ABOUT ME

-

Today
-
Yesterday
-
Total
-
  • Matrix Factorization
    MLAI/RecommendSystem 2022. 7. 12. 18:58

    Introduction

    • Split the matrix into the product of 2 other matrices
    • We call it R hat because it only approximates R - it is our model of R
    • We would like W and U to be very skinny
    • $W(N \times K)$ - users matrix, $U(M \times K)$ - movie matrix
    • K somewhere from 10-50

    The scale of matrix R, W, and U

    • Key: $W$ and $U$ should be much smaller than $R$
    • $R$ is $N \times M$
    • Generally, we can't store $R$ in memory
    • We can represent it using a special data structure
      • Dict{(u, m) -> r}
    • If N = 130k, M = 26k
      • $N \times M$ = 3.38 billion
      • # ratings = 20 million
      • Space used: 20 million / 3.38 billion = 0.006
    • This is called a sparse representation

    Scale down to K

    • If K = 10, N = 130k, M = 26k, then size of W and U: NK + MK = 1.56 million
    • How much savings? 1.56 million / 3.38 billion = 0.0005
      • This takes up less space than the ratings
      • This is good, we like # parameters < # of data pts)

    Calculate only at i and j

    • What happens if you try to calculate $WU^{T}$ in code?
    • Don't do it. The result is $N \times M$, which can't load on memory unless you've selected a small subset of your data

    What if I just want one rating, for user i, item j?

    • Just a dot product between 2 vectors of size K
    • Unlike calculating all of our $\hat{R}$, this is very fast and takes up a trivial amount of space 

    $$\hat{r}_{ij}=w_{i}^{T}u_{j}$$

    $where \ \hat{r}_{ij}=\hat{R}[i,j],w_{i}=W[i],u_{j}=U[j]$

    Singular value decomposition (SVD)

    A matrix X can be decomposed into 3 separate matrices multiplied together

    $$X=USV^{T}$$

    What's the justification for calling matrix factorization SVD?

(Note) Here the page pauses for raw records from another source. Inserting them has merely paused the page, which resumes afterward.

-- ===== src/Gold/Flows.antt =====
-- The native flows of an EVM transaction (native_flows and hex_to_bigdecimal of
-- adapters/src/evm_parser.rs), and the wallet's ledger with them (adapters/src/dual_write.rs).
use text.Mathlib.Text.{starts_with}
use spectraplex.Base.{
  ℕ, ◌+◌, ◌-◌, String, Bool, true, false, ◌&&◌, not, Option, none, some, List, [], ◌∷◌, ◌++◌, map,
  leb, ◌==◌, if◌then◌else◌, str_eq, concat_map, length, is_some,
}
use spectraplex.Csv.{codes}
use spectraplex.Gold.{
  Outside, RawTransaction, RawMetadata, Silver, WalletLedgerRecord, format, wallet_norm, when,
  eqb_Bool, transfer_records, native_records, fill_record, cash_records, funding_record,
}

abbrev pub ascii_lowercase : ℕ → ℕ
ascii_lowercase c = if leb b'A' c && leb c b'Z' then c + 32 else c

abbrev pub eqb_codes : List ℕ → List ℕ → Bool
eqb_codes [] [] = true
eqb_codes [] (d ∷ t) = false
eqb_codes (c ∷ s) [] = false
eqb_codes (c ∷ s) (d ∷ t) = c == d && eqb_codes s t

-- `value.as_str().is_some_and(|v| v.eq_ignore_ascii_case(wallet))`
abbrev pub is_ignoring_case : Option String → String → Bool
is_ignoring_case none wallet = false
is_ignoring_case (some v) wallet =
    eqb_codes (map ascii_lowercase (codes v)) (map ascii_lowercase (codes wallet))

-- `ch.to_digit(16)`
abbrev pub to_digit : ℕ → Option ℕ
to_digit c =
    if leb b'0' c && leb c b'9'
    then some (c - b'0')
    else if leb b'a' c && leb c b'f'
    then some (c - b'a' + 10)
    else if leb b'A' c && leb c b'F'
    then some (c - b'A' + 10)
    else none

-- `hex.strip_prefix("0x").unwrap_or(hex)`
abbrev pub strip_0x : List ℕ → List ℕ
strip_0x [] = []
strip_0x (c ∷ []) = c ∷ []
strip_0x (c ∷ d ∷ s) = if c == b'0' && d == b'x' then s else c ∷ d ∷ s

module _ (o : Outside) where
  unfoldable pub hex_digits : List ℕ → o.BigDecimal → Option o.BigDecimal
  hex_digits [] result = some result
  hex_digits (ch ∷ s) result = elim (to_digit ch) [
    | none ↦ none
    | some digit ↦ hex_digits s (o.plus (o.times result (o.from_nat 16)) (o.from_nat digit))
  ]

  -- `none` stands for both errors. A text of more than 64 bytes and at most 64 characters has a
  -- character that is no digit, so that it does not matter which are counted.
  unfoldable pub hex_to_bigdecimal : List ℕ → Option o.BigDecimal
  hex_to_bigdecimal hex =
      let stripped = strip_0x hex in
      if leb (length stripped) 64 then hex_digits stripped o.zero else none

  -- `wei_to_eth`: the divisor is 10 to the 18.
  abbrev pub wei_to_eth : o.BigDecimal → o.BigDecimal
  wei_to_eth wei = o.divide wei (o.from_nat 1000000000000000000)

  abbrev pub Flow : Type 0
  Flow = String × o.BigDecimal

  -- The transfer of the value, if the text is read.
  abbrev pub value_flow : Bool → Option o.BigDecimal → Option (List Flow)
  value_flow sends none = none
  value_flow sends (some wei) =
      let amount = wei_to_eth wei in
      some (
        when (not (o.equal amount o.zero))
          (("transfer", if sends then o.neg amount else amount) ∷ []))

  unfoldable pub value_flows : RawMetadata → Bool → Bool → Option (List Flow)
  value_flows raw sends receives =
      if not (eqb_Bool sends receives)
        && not (elim (raw.status) [ none ↦ false | some s ↦ str_eq s "0x0" ])
      then elim (raw.value) [
        | none ↦ some []
        | some v ↦ value_flow sends (hex_to_bigdecimal (codes v))
      ]
      else some []

  abbrev pub gas_flow : Option o.BigDecimal → Option o.BigDecimal → Option (List Flow)
  gas_flow (some gas) (some price) =
      let fee = wei_to_eth (o.times gas price) in
      some (when (not (o.equal fee o.zero)) (("fee", o.neg fee) ∷ []))
  gas_flow (some gas) none = none
  gas_flow none price = none

  unfoldable pub gas_flows : RawMetadata → Bool → Option (List Flow)
  gas_flows raw sends =
      if sends
      then elim (raw.gas_used) [
        | none ↦ some []
        | some gas ↦ elim (raw.effective_gas_price) [
          | none ↦ some []
          | some price ↦ gas_flow (hex_to_bigdecimal (codes gas)) (hex_to_bigdecimal (codes price))
        ]
      ]
      else some []

  -- `none` stands for the error of a text that is no hexadecimal number.
  unfoldable pub native_flows : RawMetadata → String → Option (List Flow)
  native_flows raw wallet =
      let sends = is_ignoring_case raw.from_ wallet in
      let receives = is_ignoring_case raw.to_ wallet in
      elim (value_flows raw sends receives) [
        | none ↦ none
        | some flows ↦ elim (gas_flows raw sends) [ none ↦ none | some fees ↦ some (flows ++ fees) ]
      ]

  abbrev pub native_asset : RawTransaction → String
  native_asset raw = if starts_with raw.network "hyperevm" then "HYPE" else "ETH"

  -- `flows.iter().map(|(_, amount)| amount.clone()).sum()`
  unfoldable pub sum_from : o.BigDecimal → List Flow → o.BigDecimal
  sum_from acc [] = acc
  sum_from acc ((kind, amount) ∷ flows) = sum_from (o.plus acc amount) flows

  unfoldable pub sum : List Flow → o.BigDecimal
  unfolding sum_from
  sum flows = sum_from o.zero flows

  -- What the loop over the EVM transactions does for one: the records of the ledger, the balance flows
  -- and the failures that it adds.
  pub record EvmNative : Type 0 where
    pub records : List (WalletLedgerRecord o.BigDecimal)
    pub balance_flows : List (RawTransaction × String × o.BigDecimal)
    pub failed : ℕ

  module _ (wallet : String) (version : Option ℕ) (raws : List RawTransaction) where
    abbrev pub flow_record : RawTransaction → Flow → WalletLedgerRecord o.BigDecimal
    flow_record raw (kind, amount) = record {
      id = o.new_v5 (
          format (
            "wl:"
            ∷ wallet_norm o wallet version raws
            ∷ ":"
            ∷ o.uuid_text raw.id
            ∷ ":evm:"
            ∷ kind
            ∷ []));
      raw_transaction_id = some raw.id;
      wallet_address = wallet;
      network = raw.network;
      tx_hash = raw.tx_hash;
      timestamp = raw.timestamp;
      entry_type = kind;
      asset_symbol = native_asset raw;
      amount = amount;
      counterparty_address = none;
      fee_amount = if str_eq kind "fee" then some (o.neg amount) else none;
      fee_asset = if str_eq kind "fee" then some (native_asset raw) else none;
      cost_basis = none;
      proceeds = none;
      dataset_version_id = version;
    }

    abbrev pub evm_outcome : RawTransaction → Option (List Flow) → EvmNative
    evm_outcome raw none = record { records = []; balance_flows = []; failed = 1 }
    evm_outcome raw (some flows) = record {
      records = map (flow_record raw) flows;
      balance_flows =
          when (not (o.equal (sum flows) o.zero)) ((raw, native_asset raw, sum flows) ∷ []);
      failed = 0;
    }

    unfoldable pub evm_native : RawTransaction → EvmNative
    evm_native raw =
        if is_some raw.raw_metadata.from_
        then evm_outcome raw (native_flows raw.raw_metadata wallet)
        else record { records = []; balance_flows = []; failed = 0 }

  unfoldable pub ledger_records :
      String → Option ℕ → Silver o.BigDecimal → List (WalletLedgerRecord o.BigDecimal)
  ledger_records wallet version s =
      concat_map (transfer_records o wallet version s.raw_txs) s.token_transfers
      ++ (concat_map (native_records o wallet version s.raw_txs) s.native_deltas
          ++ (map (fill_record o wallet version s.raw_txs) s.hl_fills
              ++ (concat_map (cash_records o wallet version s.raw_txs) s.hl_fills
                  ++ (map (funding_record o wallet version s.raw_txs) s.hl_funding
                      ++ concat_map (λ raw. (evm_native wallet version s.raw_txs raw).records)
                          s.raw_txs))))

    • S can be absorbed into $U$ or $V$, we get an $(N \times K) \times (K \times M) \to (N \times M)$
    • The model is thus exactly like MF

    $$\hat{x}_{ij}=\sum_{k}u_{ik}s_{kk}v_kj=\sum_{k}(u_{ik}s_{kk})v_{kj}=\sum_{k}{u}'_{ik}v_{kj}=u_{i}^{'T}v_{j}$$

    Linear algebra

    • $X(N \times M)$, $U(N \times K)$, $S(K \times K)$, $V(M \times K)$
    • If I multiply $U$ by $S$, I just get another $N \times K$ matrix
      • Then $X$ is a product of 2 matrices, just like matrix factorization
      • Or equivalently, I could combine $S$ with $V^{T}$
    • $R$ (rating matrix) is sparse
      • If $U$, $S$, and $V$ can properly approximate a full $X$ matrix, then surely it can approximate a mostly empty $R$ matrix

    Interpretation

    • Each of the K elements in $w_{i}$ and $u_{j}$ is a feature
    • Let's suppose K=5, and they are:
      • Action/adventure
      • Comedy
      • Romance
      • Horror
      • Animation
    • $w_{i}(1)$ is how much user_i likes action
    • $w_{i}(2)$ is how much user_i likes comedy, etc.
    • $u_{j}(1)$ is how much movie j contains action
    • $u_{j}(2)$ is how much movie j contains comedy, etc.

    Questions

    • What happens when we dot $w_{i}^{T}u_{j}$?
    • How well do user_i's preferences correlate with movie_j's attributes?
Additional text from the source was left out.